■ TASK DIRECTIONS
Write out again, exactly, the lines below starting at the one with "Bool) → Option A)" and ending at the one with "str_lt-false (c ∷ u) (d".

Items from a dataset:
☆ ☆ ☆ ☆ ☆ ☆ ☆
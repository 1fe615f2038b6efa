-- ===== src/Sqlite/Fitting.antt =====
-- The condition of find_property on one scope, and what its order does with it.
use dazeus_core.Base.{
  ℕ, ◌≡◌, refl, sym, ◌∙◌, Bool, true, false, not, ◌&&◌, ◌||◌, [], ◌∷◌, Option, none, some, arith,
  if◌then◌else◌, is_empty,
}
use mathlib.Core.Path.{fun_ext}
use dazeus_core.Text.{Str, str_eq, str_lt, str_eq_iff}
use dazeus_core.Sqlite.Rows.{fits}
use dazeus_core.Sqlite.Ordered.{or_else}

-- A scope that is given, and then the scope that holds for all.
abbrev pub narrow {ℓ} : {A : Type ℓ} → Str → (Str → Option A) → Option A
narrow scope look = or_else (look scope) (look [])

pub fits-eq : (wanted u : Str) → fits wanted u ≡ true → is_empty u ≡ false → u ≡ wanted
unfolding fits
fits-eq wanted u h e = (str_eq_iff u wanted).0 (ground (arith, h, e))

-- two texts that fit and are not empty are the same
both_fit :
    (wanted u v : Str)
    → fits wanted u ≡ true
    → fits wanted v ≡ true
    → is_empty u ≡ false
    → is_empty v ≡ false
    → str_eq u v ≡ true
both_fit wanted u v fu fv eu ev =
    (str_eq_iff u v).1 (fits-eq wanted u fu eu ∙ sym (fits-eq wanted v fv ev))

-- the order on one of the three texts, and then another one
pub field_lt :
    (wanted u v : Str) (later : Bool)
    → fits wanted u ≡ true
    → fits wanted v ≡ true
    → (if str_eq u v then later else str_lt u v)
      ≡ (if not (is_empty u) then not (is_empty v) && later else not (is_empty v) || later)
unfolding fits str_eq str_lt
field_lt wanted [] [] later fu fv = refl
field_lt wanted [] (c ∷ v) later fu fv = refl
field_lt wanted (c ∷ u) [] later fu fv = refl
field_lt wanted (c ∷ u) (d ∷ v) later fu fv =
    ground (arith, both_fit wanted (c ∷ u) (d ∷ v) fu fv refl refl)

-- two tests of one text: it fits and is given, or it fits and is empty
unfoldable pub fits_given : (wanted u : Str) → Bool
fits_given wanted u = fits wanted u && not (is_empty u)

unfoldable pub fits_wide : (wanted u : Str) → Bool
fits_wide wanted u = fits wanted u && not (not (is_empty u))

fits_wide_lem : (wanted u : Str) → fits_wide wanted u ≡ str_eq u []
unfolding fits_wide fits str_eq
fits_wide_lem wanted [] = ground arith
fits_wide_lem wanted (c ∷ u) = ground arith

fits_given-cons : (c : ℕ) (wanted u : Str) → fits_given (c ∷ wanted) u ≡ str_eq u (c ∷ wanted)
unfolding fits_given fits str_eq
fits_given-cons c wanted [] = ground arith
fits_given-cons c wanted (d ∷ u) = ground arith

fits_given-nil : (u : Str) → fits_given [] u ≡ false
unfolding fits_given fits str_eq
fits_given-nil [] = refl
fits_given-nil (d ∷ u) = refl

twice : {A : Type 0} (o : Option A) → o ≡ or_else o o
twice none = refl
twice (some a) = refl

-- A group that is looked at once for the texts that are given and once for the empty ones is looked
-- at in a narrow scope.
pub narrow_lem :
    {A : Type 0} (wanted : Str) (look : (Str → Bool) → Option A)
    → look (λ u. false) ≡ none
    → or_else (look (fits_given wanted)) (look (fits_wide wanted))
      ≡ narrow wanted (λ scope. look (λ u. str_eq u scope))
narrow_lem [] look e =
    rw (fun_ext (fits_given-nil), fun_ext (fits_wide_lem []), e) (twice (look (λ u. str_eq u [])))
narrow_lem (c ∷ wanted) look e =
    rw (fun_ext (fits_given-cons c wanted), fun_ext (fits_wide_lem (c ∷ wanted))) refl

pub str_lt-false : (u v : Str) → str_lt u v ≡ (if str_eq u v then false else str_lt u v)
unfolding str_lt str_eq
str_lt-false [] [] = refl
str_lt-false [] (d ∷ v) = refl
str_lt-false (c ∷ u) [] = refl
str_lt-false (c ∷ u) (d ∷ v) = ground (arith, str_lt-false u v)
☆ ☆ ☆ ☆ ☆ ☆ ☆
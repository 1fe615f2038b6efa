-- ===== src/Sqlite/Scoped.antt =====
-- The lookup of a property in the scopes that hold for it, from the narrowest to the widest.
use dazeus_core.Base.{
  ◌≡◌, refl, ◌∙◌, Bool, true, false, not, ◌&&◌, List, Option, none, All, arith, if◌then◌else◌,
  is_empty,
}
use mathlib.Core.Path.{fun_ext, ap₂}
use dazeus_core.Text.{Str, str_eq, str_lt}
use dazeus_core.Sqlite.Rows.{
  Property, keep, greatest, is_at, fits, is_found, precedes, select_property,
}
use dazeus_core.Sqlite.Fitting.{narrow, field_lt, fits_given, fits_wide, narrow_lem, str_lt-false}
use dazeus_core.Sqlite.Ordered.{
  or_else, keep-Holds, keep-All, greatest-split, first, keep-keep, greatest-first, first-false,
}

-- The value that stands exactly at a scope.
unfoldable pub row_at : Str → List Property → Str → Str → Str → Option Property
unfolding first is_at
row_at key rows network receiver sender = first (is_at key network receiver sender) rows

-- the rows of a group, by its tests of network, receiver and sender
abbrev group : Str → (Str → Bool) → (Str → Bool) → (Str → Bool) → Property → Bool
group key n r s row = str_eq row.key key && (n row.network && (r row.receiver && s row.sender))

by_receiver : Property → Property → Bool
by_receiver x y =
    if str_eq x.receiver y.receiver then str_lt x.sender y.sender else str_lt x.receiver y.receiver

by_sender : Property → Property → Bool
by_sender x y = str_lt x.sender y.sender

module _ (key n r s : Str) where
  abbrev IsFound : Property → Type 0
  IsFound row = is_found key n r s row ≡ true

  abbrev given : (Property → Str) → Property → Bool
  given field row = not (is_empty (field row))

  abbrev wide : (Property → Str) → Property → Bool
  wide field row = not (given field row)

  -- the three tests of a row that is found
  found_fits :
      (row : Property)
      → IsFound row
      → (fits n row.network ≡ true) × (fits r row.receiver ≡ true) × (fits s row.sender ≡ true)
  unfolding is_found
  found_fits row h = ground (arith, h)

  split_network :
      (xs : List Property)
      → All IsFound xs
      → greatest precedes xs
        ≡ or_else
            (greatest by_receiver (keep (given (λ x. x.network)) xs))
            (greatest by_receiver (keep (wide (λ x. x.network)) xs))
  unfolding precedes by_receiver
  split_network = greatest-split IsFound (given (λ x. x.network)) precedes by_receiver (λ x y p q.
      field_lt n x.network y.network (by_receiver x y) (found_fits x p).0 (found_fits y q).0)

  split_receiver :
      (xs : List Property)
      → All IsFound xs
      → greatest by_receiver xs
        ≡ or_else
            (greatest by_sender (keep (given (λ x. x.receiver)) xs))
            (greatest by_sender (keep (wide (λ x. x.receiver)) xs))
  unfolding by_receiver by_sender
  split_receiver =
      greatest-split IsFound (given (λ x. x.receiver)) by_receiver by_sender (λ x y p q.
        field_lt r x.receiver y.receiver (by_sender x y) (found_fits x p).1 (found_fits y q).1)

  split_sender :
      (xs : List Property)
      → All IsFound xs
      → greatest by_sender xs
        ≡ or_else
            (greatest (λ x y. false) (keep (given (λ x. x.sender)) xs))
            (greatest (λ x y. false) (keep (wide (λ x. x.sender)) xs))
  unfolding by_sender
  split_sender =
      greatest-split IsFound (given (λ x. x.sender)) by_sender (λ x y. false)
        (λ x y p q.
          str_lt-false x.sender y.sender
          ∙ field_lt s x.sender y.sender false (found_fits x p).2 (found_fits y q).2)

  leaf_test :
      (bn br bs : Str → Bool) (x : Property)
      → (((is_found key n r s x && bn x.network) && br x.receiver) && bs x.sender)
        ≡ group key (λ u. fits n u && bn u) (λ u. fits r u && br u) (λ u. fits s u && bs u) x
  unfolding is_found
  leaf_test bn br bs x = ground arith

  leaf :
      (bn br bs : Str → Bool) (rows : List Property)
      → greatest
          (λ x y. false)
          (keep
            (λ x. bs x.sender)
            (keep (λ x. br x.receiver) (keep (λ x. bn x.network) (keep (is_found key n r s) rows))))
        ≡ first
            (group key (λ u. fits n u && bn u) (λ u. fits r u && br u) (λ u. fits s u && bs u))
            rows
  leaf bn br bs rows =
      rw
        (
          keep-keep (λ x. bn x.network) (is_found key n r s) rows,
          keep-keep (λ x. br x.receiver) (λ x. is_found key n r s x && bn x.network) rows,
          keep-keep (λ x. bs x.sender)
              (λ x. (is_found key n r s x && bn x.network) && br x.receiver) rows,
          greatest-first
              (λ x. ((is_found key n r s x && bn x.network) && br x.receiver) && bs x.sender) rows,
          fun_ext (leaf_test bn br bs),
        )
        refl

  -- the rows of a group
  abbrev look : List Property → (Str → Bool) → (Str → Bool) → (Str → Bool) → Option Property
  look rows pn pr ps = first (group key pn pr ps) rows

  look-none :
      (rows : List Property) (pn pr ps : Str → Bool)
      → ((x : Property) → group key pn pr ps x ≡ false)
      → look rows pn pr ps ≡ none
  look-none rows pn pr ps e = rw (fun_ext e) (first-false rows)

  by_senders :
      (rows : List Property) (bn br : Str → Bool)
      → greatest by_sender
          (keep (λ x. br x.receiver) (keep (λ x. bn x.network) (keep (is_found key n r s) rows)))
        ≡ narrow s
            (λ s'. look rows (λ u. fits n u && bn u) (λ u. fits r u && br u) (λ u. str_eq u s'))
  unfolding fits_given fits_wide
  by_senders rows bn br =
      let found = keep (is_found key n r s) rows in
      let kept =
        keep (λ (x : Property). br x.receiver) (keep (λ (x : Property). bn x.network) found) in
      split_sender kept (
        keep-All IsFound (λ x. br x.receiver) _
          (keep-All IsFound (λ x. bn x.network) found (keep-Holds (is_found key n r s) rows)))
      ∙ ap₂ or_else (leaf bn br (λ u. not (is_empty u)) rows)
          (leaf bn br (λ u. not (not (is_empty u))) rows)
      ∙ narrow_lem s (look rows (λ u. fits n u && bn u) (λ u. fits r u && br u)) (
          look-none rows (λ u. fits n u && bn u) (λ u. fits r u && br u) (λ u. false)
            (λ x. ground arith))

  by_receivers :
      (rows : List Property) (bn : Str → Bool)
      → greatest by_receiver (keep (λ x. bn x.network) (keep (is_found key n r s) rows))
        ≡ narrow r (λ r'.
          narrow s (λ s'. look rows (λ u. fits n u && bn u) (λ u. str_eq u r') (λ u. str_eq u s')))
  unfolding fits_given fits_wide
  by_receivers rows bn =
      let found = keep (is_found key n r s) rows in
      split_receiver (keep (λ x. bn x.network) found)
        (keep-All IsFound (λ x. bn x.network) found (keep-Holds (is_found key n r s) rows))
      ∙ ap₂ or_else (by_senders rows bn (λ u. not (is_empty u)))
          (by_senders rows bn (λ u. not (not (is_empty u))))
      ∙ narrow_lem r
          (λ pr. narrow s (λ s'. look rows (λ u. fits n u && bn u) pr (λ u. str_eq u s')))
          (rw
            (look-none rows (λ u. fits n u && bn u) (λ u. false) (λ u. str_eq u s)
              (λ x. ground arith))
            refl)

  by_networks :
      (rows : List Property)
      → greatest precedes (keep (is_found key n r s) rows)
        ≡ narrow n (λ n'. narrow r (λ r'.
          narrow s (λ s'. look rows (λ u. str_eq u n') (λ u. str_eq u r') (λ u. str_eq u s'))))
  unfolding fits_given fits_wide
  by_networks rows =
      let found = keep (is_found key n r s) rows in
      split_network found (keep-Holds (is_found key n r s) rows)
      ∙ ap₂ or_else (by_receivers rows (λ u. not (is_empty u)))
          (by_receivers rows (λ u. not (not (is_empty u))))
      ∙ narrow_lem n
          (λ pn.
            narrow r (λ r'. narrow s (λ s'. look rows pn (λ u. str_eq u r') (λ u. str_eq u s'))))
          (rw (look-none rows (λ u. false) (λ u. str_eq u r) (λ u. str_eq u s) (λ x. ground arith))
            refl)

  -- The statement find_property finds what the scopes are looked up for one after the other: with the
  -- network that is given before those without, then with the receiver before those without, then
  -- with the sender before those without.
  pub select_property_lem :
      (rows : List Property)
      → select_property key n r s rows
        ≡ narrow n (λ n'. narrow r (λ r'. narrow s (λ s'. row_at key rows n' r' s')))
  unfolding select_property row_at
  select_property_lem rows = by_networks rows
☆ ☆ ☆ ☆ ☆ ☆ ☆
■ ANSWER TO THE PROBLEM
    {A : Type 0} (wanted : Str) (look : (Str → Bool) → Option A)
    → look (λ u. false) ≡ none
    → or_else (look (fits_given wanted)) (look (fits_wide wanted))
      ≡ narrow wanted (λ scope. look (λ u. str_eq u scope))
narrow_lem [] look e =
    rw (fun_ext (fits_given-nil), fun_ext (fits_wide_lem []), e) (twice (look (λ u. str_eq u [])))
narrow_lem (c ∷ wanted) look e =
    rw (fun_ext (fits_given-cons c wanted), fun_ext (fits_wide_lem (c ∷ wanted))) refl

pub str_lt-false : (u v : Str) → str_lt u v ≡ (if str_eq u v then false else str_lt u v)
unfolding str_lt str_eq
str_lt-false [] [] = refl
str_lt-false [] (d ∷ v) = refl
str_lt-false (c ∷ u) [] = refl
str_lt-false (c ∷ u) (d ∷ v) = ground (arith, str_lt-false u v)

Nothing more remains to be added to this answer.